Был ли то психоанализ в техническом смысле этого слова? Похоже, клиника Кронфельда комбинировала психоаналитические сеансы с весьма своеобразными мероприятиями. Доктор Май постоянно обсуждал с Зиной вопрос о возвращении в СССР. 10 декабря 1931 года она писала отцу:

Милый, родненький мой родительчик! Сегодня утром послала тебе свое первое послание, и уже после того совершилось одно великое событие. Выслушал меня доктор Май и говорит: «Состояние легких превосходное. Я считаю, что в конце января или в феврале Вы можете возвращаться в СССР. К этому времени Вы будете вполне работоспособны». Я, конечно, в полном восторге, но немножко и встревожена: не слишком ли он торопится? То, что я буду к этому времени работоспособна, для меня – вне сомнения, но ведь на сегодня у меня еще ни один пневмоторакс не снят, а в СССР меня ждет голодище, отсутствие комнаты, наличие двух полубольных детей и… большие сомнения в том, чтобы я могла получить работу, которая даст возможность прокормить семейство.
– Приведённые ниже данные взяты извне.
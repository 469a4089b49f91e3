-- ===== src/Keventd/Apply.antt =====
-- keventd/rules.c: all rules, in order, on one event.
use finit.Prelude.{
  Bool, true, false, not, String, str_eq, ◌≡◌, refl, List, [], ◌∷◌, Option, none, some, Bool-cases,
  inl, inr, if◌then◌else◌,
}
use finit.Keventd.Keys.{Operator, assign, Class, key_label, key_goto, RuleKey}
use finit.Keventd.Match.{Uevent, System, rule_matches}

abbrev is_label : Class → Operator → Bool
is_label key_label assign = true
is_label _ _ = false

abbrev is_goto : Class → Operator → Bool
is_goto key_goto assign = true
is_goto _ _ = false

-- The last label of a rule, and its first goto.
abbrev pub last_label : List RuleKey → Option String → Option String
last_label [] lbl = lbl
last_label (k ∷ ks) lbl = last_label ks (if is_label k.cls k.op then some k.value else lbl)

abbrev pub first_goto : List RuleKey → Option String
first_goto [] = none
first_goto (k ∷ ks) = let rest = first_goto ks in if is_goto k.cls k.op then some k.value else rest

-- The rule has the label.
abbrev same_label : Option String → String → Bool
same_label none label = false
same_label (some lbl) label = str_eq lbl label

abbrev pub is_target : String → List RuleKey → Bool
is_target label ks = same_label (last_label ks none) label

-- With what `exec_rule` does to an event.
module _ (sys : System) (exec_rule : List RuleKey → Uevent → Uevent) where
  -- The loop of `rules_apply`, with `goto_label`.
  abbrev pub is_skipped : Option String → List RuleKey → Bool
  is_skipped none ks = false
  is_skipped (some label) ks = not (is_target label ks)

  unfoldable pub apply_from : Option String → List (List RuleKey) → Uevent → Uevent
  apply_from goto_label [] ev = ev
  apply_from goto_label (ks ∷ rules) ev =
      let passed = apply_from goto_label rules ev in
      let (ok, ev1) = rule_matches sys ks ev in
      let unmatched = apply_from none rules ev1 in
      let executed = apply_from (first_goto ks) rules (exec_rule ks ev1) in
      if is_skipped goto_label ks then passed else if ok then executed else unmatched

  unfoldable pub rules_apply : List (List RuleKey) → Uevent → Uevent
  rules_apply rules ev = apply_from none rules ev

  -- The rules from the first one with the label on.
  abbrev pub rules_from : String → List (List RuleKey) → List (List RuleKey)
  rules_from label [] = []
  rules_from label (ks ∷ rules) =
      let rest = rules_from label rules in if is_target label ks then ks ∷ rules else rest

  abbrev goto : Option String → List (List RuleKey) → List (List RuleKey)
  goto none rules = rules
  goto (some label) rules = rules_from label rules

  apply_from-rules_from :
      (label : String) (rules : List (List RuleKey)) (ev : Uevent)
      → apply_from (some label) rules ev ≡ apply_from none (rules_from label rules) ev
  unfolding apply_from
  apply_from-rules_from label [] ev = refl
  apply_from-rules_from label (ks ∷ rules) ev = elim (Bool-cases (is_target label ks)) [
    | inl y ↦ rw y refl
    | inr n ↦ rw n (apply_from-rules_from label rules ev)
  ]

  apply_from-goto :
      (o : Option String) (rules : List (List RuleKey)) (ev : Uevent)
      → apply_from o rules ev ≡ apply_from none (goto o rules) ev
  apply_from-goto none rules ev = refl
  apply_from-goto (some label) rules ev = apply_from-rules_from label rules ev

  -- The first rule, then the rest: where it matches, it is executed, and the rules behind it are
  -- applied from its goto's label on, which is nowhere if no later rule has that label; where it does
  -- not match, the next rule is tried, with what matching has done to the event.
  pub rules_apply_lem :
      (ks : List RuleKey) (rules : List (List RuleKey)) (ev : Uevent)
      → rules_apply (ks ∷ rules) ev ≡ (
          if (rule_matches sys ks ev).0
          then rules_apply (goto (first_goto ks) rules) (exec_rule ks (rule_matches sys ks ev).1)
          else rules_apply rules (rule_matches sys ks ev).1)
  unfolding rules_apply apply_from
  rules_apply_lem ks rules ev = elim (Bool-cases (rule_matches sys ks ev).0) [
    | inl y ↦ rw y (apply_from-goto (first_goto ks) rules (exec_rule ks (rule_matches sys ks ev).1))
    | inr n ↦ rw n refl
  ]
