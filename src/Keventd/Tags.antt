-- ===== src/Keventd/Tags.antt =====
-- What TAGS keys match.
use finit.Prelude.{false, true, not, String, ◌≡◌, refl, ap, List, [], ◌∷◌, Option, none, some}
use finit.Keventd.Keys.{match_eq, match_ne, key_tags, RuleKey}
use finit.Keventd.Match.{
  Uevent, System, Parent, any_parent, parent_chain, match_parent_chain, match_class, match_key,
}

module _ (sys : System) where
  no_parent :
      (k : RuleKey) (ps : List Parent) → any_parent sys (record k { cls = key_tags }) ps ≡ false
  unfolding any_parent
  no_parent k [] = refl
  no_parent k (p ∷ ps) = no_parent k ps

  tags_chain :
      (k : RuleKey) (d : Option String)
      → (parent_chain sys (record k { cls = key_tags; op = match_eq }) d ≡ false)
        × (parent_chain sys (record k { cls = key_tags; op = match_ne }) d ≡ true)
  tags_chain k none = (refl, refl)
  tags_chain k (some devpath) = (
    no_parent (record k { op = match_eq }) (sys.parents devpath),
    ap not (no_parent (record k { op = match_ne }) (sys.parents devpath)),
  )

  -- A TAGS key never matches with ==, and always with !=, whatever tags the event or its parents have.
  pub match_key_tags :
      (k : RuleKey) (ev : Uevent)
      → ((match_key sys (record k { cls = key_tags; op = match_eq }) ev).0 ≡ false)
        × ((match_key sys (record k { cls = key_tags; op = match_ne }) ev).0 ≡ true)
  unfolding match_key match_class match_parent_chain
  match_key_tags k ev = tags_chain k ev.devpath
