-- ===== src/Keventd/Examples.antt =====
-- A disk and some rules, and the theorems at them.
use finit.Prelude.{true, false, String, str_eq, ◌≡◌, refl, List, [], ◌∷◌, none, some, if◌then◌else◌}
use finit.Keventd.Keys.{
  match_eq, match_ne, assign, key_kernel, key_label, key_goto, key_tags, key_symlink, RuleKey,
  plain, split, pattern_match, pieces_of,
}
use finit.Keventd.Match.{Uevent, System, match_key, match_class, rule_matches}
use finit.Keventd.Apply.{rules_apply, apply_from, rules_apply_lem}
use finit.Keventd.Tags.{match_key_tags}

-- Nothing but names that are compared.
abbrev bare : System
bare = record {
  fnmatch = λ pat subject. str_eq pat subject;
  parents = λ devpath. [];
  read_attr = λ devpath attr. none;
  read_sysctl = λ attr. none;
  machine = "x86_64";
  in_container = false;
  test = λ path mode. false;
  run_program = λ cmd. (false, "");
}

abbrev disk : Uevent
disk = record {
  action = "add";
  devpath = some "/devices/virtual/block/sda";
  sysname = some "sda";
  devname = some "sda";
  subsystem = some "block";
  driver = none;
  env = λ key. none;
  result = none;
  tags = "seat" ∷ [];
}

abbrev kernel_is : String → RuleKey
kernel_is name = record {
  cls = key_kernel;
  op = match_eq;
  attr = none;
  value = name;
  pat_type = split;
}

abbrev goto_end : List RuleKey
goto_end =
    kernel_is "sda|sdb"
    ∷ record (kernel_is "end") { cls = key_goto; op = assign; pat_type = plain }
    ∷ []

abbrev label_end : List RuleKey
label_end = record (kernel_is "end") { cls = key_label; op = assign; pat_type = plain } ∷ []

abbrev symlink : List RuleKey
symlink = record (kernel_is "disk") { cls = key_symlink; op = assign; pat_type = plain } ∷ []

-- What executing a rule does here: it counts.
abbrev execute : List RuleKey → Uevent → Uevent
execute ks ev = record ev { tags = "rule" ∷ ev.tags }

-- The symlink is jumped over.
jumps :
    (rules_apply bare execute (goto_end ∷ symlink ∷ label_end ∷ []) disk).tags
    ≡ "rule" ∷ "rule" ∷ "seat" ∷ []
unfolding rules_apply apply_from rule_matches match_key match_class pattern_match pieces_of
jumps = refl

rules_apply_lem_example : rules_apply bare execute (goto_end ∷ symlink ∷ label_end ∷ []) disk ≡ (
    if (rule_matches bare goto_end disk).0
    then rules_apply bare execute
        (label_end ∷ [])
        (execute goto_end (rule_matches bare goto_end disk).1)
    else rules_apply bare execute (symlink ∷ label_end ∷ []) (rule_matches bare goto_end disk).1)
rules_apply_lem_example = rules_apply_lem bare execute goto_end (symlink ∷ label_end ∷ []) disk

match_key_tags_example :
    ((match_key bare (record (kernel_is "seat") { cls = key_tags; op = match_eq }) disk).0 ≡ false)
    × ((match_key bare (record (kernel_is "seat") { cls = key_tags; op = match_ne }) disk).0 ≡ true)
match_key_tags_example = match_key_tags bare (kernel_is "seat") disk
Ну, скажем, вы мне немножко помогать будете, если вам самим Бог поможет… Туберкулез имеет тенденцию возвращаться, и у меня даже на основании слов того же д-ра Мая (вначале) создалось впечатление, что для закрепления завоеванной позиции понадобится еще много и много месяцев… Что изменилось, не знаю. Может быть, он считает меня советской сановницей – я ведь не распространяюсь перед ним об условиях моей московской жизни. Да нет, глупости: он же знает, кто я. Другая версия: у него – как говорила мне А. И.